Family Guy is also high on my list. I didn't really discover it until it started re-running on Cartoon Network, and the first couple seasons were excellent. When it came back to FOX, it had a couple good years, but now all they do is try to continually push the envelope -- without attempting to be clever about it. IMO, shocking stuff works best when it's sprinkled in and carefully crafted -- not when it's in your face in 30-minute chunks.


----------



## Earl Bonovich (Nov 15, 2005)

1) Smallville: Stopped watching after season 3 (due to a hard drive crash and loosing the first 4 episodes, havn't got back into it. However, per my BIL the show is completely different now and the fans of the characters do still watch it fairly regularly)

2) Scrubs should NOT have come back on ABC, that was a mistake. Before then... I think it was fine.

3) That is an absolute joke it is on the list. Simpsons is still fun an entertaining

4) Again, Law and Order is the type of show that could go on forever... as it stays pretty up to day, and the format works. Shame that it is canceled

5) Heroes couldn't find their grove again after the writers strike... I don't think the origianal story line had a clear 5 year path, and it showed as each season really had nothing to do with the previous

6) One Tree Hill: Never watched it... so don't know

7) Prison Break, wasn't it only on for like 3 years? 

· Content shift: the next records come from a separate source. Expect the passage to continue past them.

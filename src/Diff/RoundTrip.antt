-- ===== src/Diff/RoundTrip.antt =====
-- doover/src/utils/diff.rs: applying a generated diff to the old value restores the new one.
use doover_rs.Base.{
  ◌≡◌, refl, String, true, false, Option, none, some, eq_iff, Bool-cases, Option-cases, ◌⊎◌, inl,
  inr, if◌then◌else◌,
}
use doover_rs.Json.{
  Value, Map, null, bool, number, string, array, object, end, entry, get, is_object, is_empty,
}
use doover_rs.Json.Keys.{UniqueKeys, AllValues, get-AllValues}
use doover_rs.Diff.{Numbers, python_json_eq, apply_diff, apply_entries, generate_diff, is_changed}
use doover_rs.Diff.Pointwise.{merge_at, get-apply_entries}
use doover_rs.Diff.Generated.{map_diff, entry_for, diff_at, get-map_diff, map_diff-UniqueKeys}

module _ {N : Type 0} where
  abbrev mutual
    -- A value of an object that a diff can carry: no null, no empty object, no key twice.
    pub IsCleanMember : Value N → Type 0
    IsCleanMember null = ⊥
    IsCleanMember (object m) = (is_empty m ≡ false) × IsCleanMap m
    IsCleanMember _ = Unit

    pub IsCleanMap : Map N → Type 0
    IsCleanMap end = Unit
    IsCleanMap (entry k v m) = (get k m ≡ none) × IsCleanMember v × IsCleanMap m

  abbrev pub IsClean : Value N → Type 0
  IsClean (object m) = IsCleanMap m
  IsClean _ = Unit

  IsCleanMap-UniqueKeys : (m : Map N) → IsCleanMap m → UniqueKeys m
  IsCleanMap-UniqueKeys end c = tt
  IsCleanMap-UniqueKeys (entry k v m) c = (c.0, IsCleanMap-UniqueKeys m c.2)

mutual
  -- The values agree: at each key of an object, and elsewhere by `==` or by `python_json_eq`.
  pub data Matches (𝓝 : Numbers) : Value 𝓝.Number → Value 𝓝.Number → Type 0 where
    leaf :
        {r v : Value 𝓝.Number}
        → is_object v ≡ false
        → (r ≡ v) ⊎ (python_json_eq 𝓝 r v ≡ true)
        → Matches 𝓝 r v
    members :
        {r m : Map 𝓝.Number}
        → ((k : String) → MatchesAt 𝓝 (get k r) (get k m))
        → Matches 𝓝 (object r) (object m)

  pub data MatchesAt (𝓝 : Numbers)
      : Option (Value 𝓝.Number) → Option (Value 𝓝.Number) → Type 0 where
    absent : MatchesAt 𝓝 none none
    present : {r v : Value 𝓝.Number} → Matches 𝓝 r v → MatchesAt 𝓝 (some r) (some v)

module _ (𝓝 : Numbers) where
  open 𝓝 use {Number}

  MatchesAt-refl :
      (m : Map Number) (k : String)
      → AllValues (λ v. Matches 𝓝 v v) m
      → MatchesAt 𝓝 (get k m) (get k m)
  MatchesAt-refl m k all = elim (Option-cases (get k m)) [
    | inl gone ↦ rw gone absent
    | inr (v, found) ↦ rw found (present (get-AllValues (λ v. Matches 𝓝 v v) k m all found))
  ]

  mutual
    Matches-refl : (v : Value Number) → Matches 𝓝 v v
    Matches-refl (object m) = members (λ k. MatchesAt-refl m k (Matches-refl_all m))
    Matches-refl null = leaf refl (inl refl)
    Matches-refl (bool b) = leaf refl (inl refl)
    Matches-refl (number b) = leaf refl (inl refl)
    Matches-refl (string b) = leaf refl (inl refl)
    Matches-refl (array b) = leaf refl (inl refl)

    Matches-refl_all : (m : Map Number) → AllValues (λ v. Matches 𝓝 v v) m
    Matches-refl_all end = tt
    Matches-refl_all (entry k v m) = (Matches-refl v, Matches-refl_all m)

  -- Whatever the old value is, the entry that is generated for `v` turns it into `v`.
  abbrev Restores : Value Number → Type 0
  Restores v =
      (cur : Option (Value Number))
      → MatchesAt 𝓝 (merge_at true cur (entry_for 𝓝 cur v true)) (some v)

  restored_at :
      (cur n : Option (Value Number))
      → ((v : Value Number) → n ≡ some v → Restores v)
      → MatchesAt 𝓝 (merge_at true cur (diff_at 𝓝 cur n true)) n
  restored_at none none r = absent
  restored_at (some c) none r = absent
  restored_at cur (some v) r = r v refl cur

  restore_map :
      (n : Map Number)
      → IsCleanMap n
      → AllValues Restores n
      → (o : Map Number) (j : String)
      → MatchesAt 𝓝 (get j (apply_entries o (map_diff 𝓝 o n true) true)) (get j n)
  restore_map n c all o j =
      rw (get-apply_entries o (map_diff 𝓝 o n true) true j (map_diff-UniqueKeys 𝓝 o n true)) (
        rw (get-map_diff 𝓝 o n true j (IsCleanMap-UniqueKeys n c))
          (restored_at (get j o) (get j n) (λ v found. get-AllValues Restores j n all found)))

  restored_leaf :
      (v : Value Number)
      → is_object v ≡ false
      → ((cur : Option (Value Number)) → merge_at true cur (some v) ≡ some v)
      → (cur : Option (Value Number))
      → MatchesAt 𝓝 (merge_at true cur (if is_changed 𝓝 cur v then some v else none)) (some v)
  restored_leaf v h put none = rw (put none) (present (leaf h (inl refl)))
  restored_leaf v h put (some ov) = elim (Bool-cases (python_json_eq 𝓝 ov v)) [
    | inl same ↦ rw same (present (leaf h (inr same)))
    | inr other ↦ rw other (rw (put (some ov)) (present (leaf h (inl refl))))
  ]

  absent_right : {a b : Option (Value Number)} → MatchesAt 𝓝 a b → a ≡ none → b ≡ none
  absent_right absent e = refl
  absent_right (present m) e = cc

  nothing_matches :
      (m : Map Number) → ((j : String) → MatchesAt 𝓝 none (get j m)) → is_empty m ≡ false → ⊥
  nothing_matches end h e = cc
  nothing_matches (entry k v m) h e =
      let p : get k (entry k v m) ≡ none = absent_right (h k) refl in
      let q : some v ≡ none = unfold get in (rw ((eq_iff k k).1 refl) at p) in cc

  abbrev unless_empty : Map Number → Option (Value Number)
  unless_empty d = if is_empty d then none else some (object d)

  -- A diff that came out empty is dropped: then nothing had to change.
  restored_old :
      (o m d : Map Number)
      → ((j : String) → MatchesAt 𝓝 (get j (apply_entries o d true)) (get j m))
      → MatchesAt 𝓝 (merge_at true (some (object o)) (unless_empty d)) (some (object m))
  unfolding apply_diff apply_entries
  restored_old o m end h = present (members h)
  restored_old o m (entry k v d) h = present (members h)

  restored_missing :
      (m d : Map Number)
      → is_empty m ≡ false
      → ((j : String) → MatchesAt 𝓝 (get j (apply_entries end d true)) (get j m))
      → MatchesAt 𝓝 (merge_at true none (unless_empty d)) (some (object m))
  unfolding apply_diff
  restored_missing m end e h = absurd (nothing_matches m (unfold apply_entries get in h) e)
  restored_missing m (entry k v d) e h = present (members h)

  restored_object :
      (m : Map Number)
      → is_empty m ≡ false
      → ((o : Map Number) (j : String)
          → MatchesAt 𝓝 (get j (apply_entries o (map_diff 𝓝 o m true) true)) (get j m))
      → Restores (object m)
  restored_object m e h none = restored_missing m (map_diff 𝓝 end m true) e (h end)
  restored_object m e h (some (object o)) = restored_old o m (map_diff 𝓝 o m true) (h o)
  restored_object m e h (some _) = rw e (unfold apply_diff in present (Matches-refl (object m)))

  mutual
    restores : (v : Value Number) → IsCleanMember v → Restores v
    restores null c cur = absurd c
    restores (bool b) c cur = restored_leaf (bool b) refl (λ _. refl) cur
    restores (number n) c cur = restored_leaf (number n) refl (λ _. refl) cur
    restores (string s) c cur = restored_leaf (string s) refl (λ _. refl) cur
    restores (array a) c cur = restored_leaf (array a) refl (λ _. refl) cur
    restores (object m) c cur = restored_object m c.0 (restore_map m c.1 (Restores-all m c.1)) cur

    Restores-all : (m : Map Number) → IsCleanMap m → AllValues Restores m
    Restores-all end c = tt
    Restores-all (entry k v m) c = (restores v c.1, Restores-all m c.2)

  -- Applying the diff from `old` to `new`, removals counted, to `old` gives a value that agrees with
  -- `new` at every depth, up to Python's equality of the leaves. `new` may hold no null and no empty
  -- object in an object, and no key twice; `old` is any value.
  pub apply_diff-generate_diff :
      (old new : Value Number)
      → IsClean new
      → Matches 𝓝 (apply_diff old (generate_diff 𝓝 old new true) true) new
  unfolding apply_diff generate_diff
  apply_diff-generate_diff (object o) (object m) c = members (restore_map m c (Restores-all m c) o)
  apply_diff-generate_diff _ (object m) c = Matches-refl (object m)
  apply_diff-generate_diff old _ c = Matches-refl _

8) 24 is an intresting one. I belive that it was just time as you couldn't bend reality that much anymore

9) X-Files... Don't recall it's last season, but I don't also recall a major clamoring for it to go

10) The '70s show, the last season was terrible... so I guess it did run long.


---------------

I could come up with dozens of more shows that probably (IMHO) should be higher in the list then most of these. (Most of them are off the air now, but definently should have been 1 or 2 seasons shorter)


----------



## MysteryMan (May 17, 2010)

My Vote...Law & Order (canceld yet another spin off next season) CSI and it's spin offs, NCIS and it's spin offs, Criminal Minds, Mentalist, ect. My reason. While these shows are entertaining they are all the same type type of show and format. There's no variety anymore. I'm talking about the major networks here (ABC, NBC, CBS, FOX, TNT).


----------



## clueless (Dec 6, 2004)

Earl Bonovich said:


> 9) X-Files... Don't recall it's last season, but I don't also recall a major clamoring for it to go


Robert Patrick replaced Duchovny in the last 2 seasons (I think it was the last 2) and it kind of lost it's way after that.


----------



## Carl Spock (Sep 3, 2004)

renbutler said:


> I was one of the foremost Simpsons fans in the 1990s. Now the show is completely unwatchable for me. It has virtually no resemblance to what it was 15 years ago. I would rank it #1 on this list, hands down.
> 
> Family Guy is also high on my list. I didn't really discover it until it started re-running on Cartoon Network, and the first couple seasons were excellent. When it came back to FOX, it had a couple good years, but now all they do is try to continually push the envelope -- without attempting to be clever about it. IMO, shocking stuff works best when it's sprinkled in and carefully crafted -- not when it's in your face in 30-minute chunks.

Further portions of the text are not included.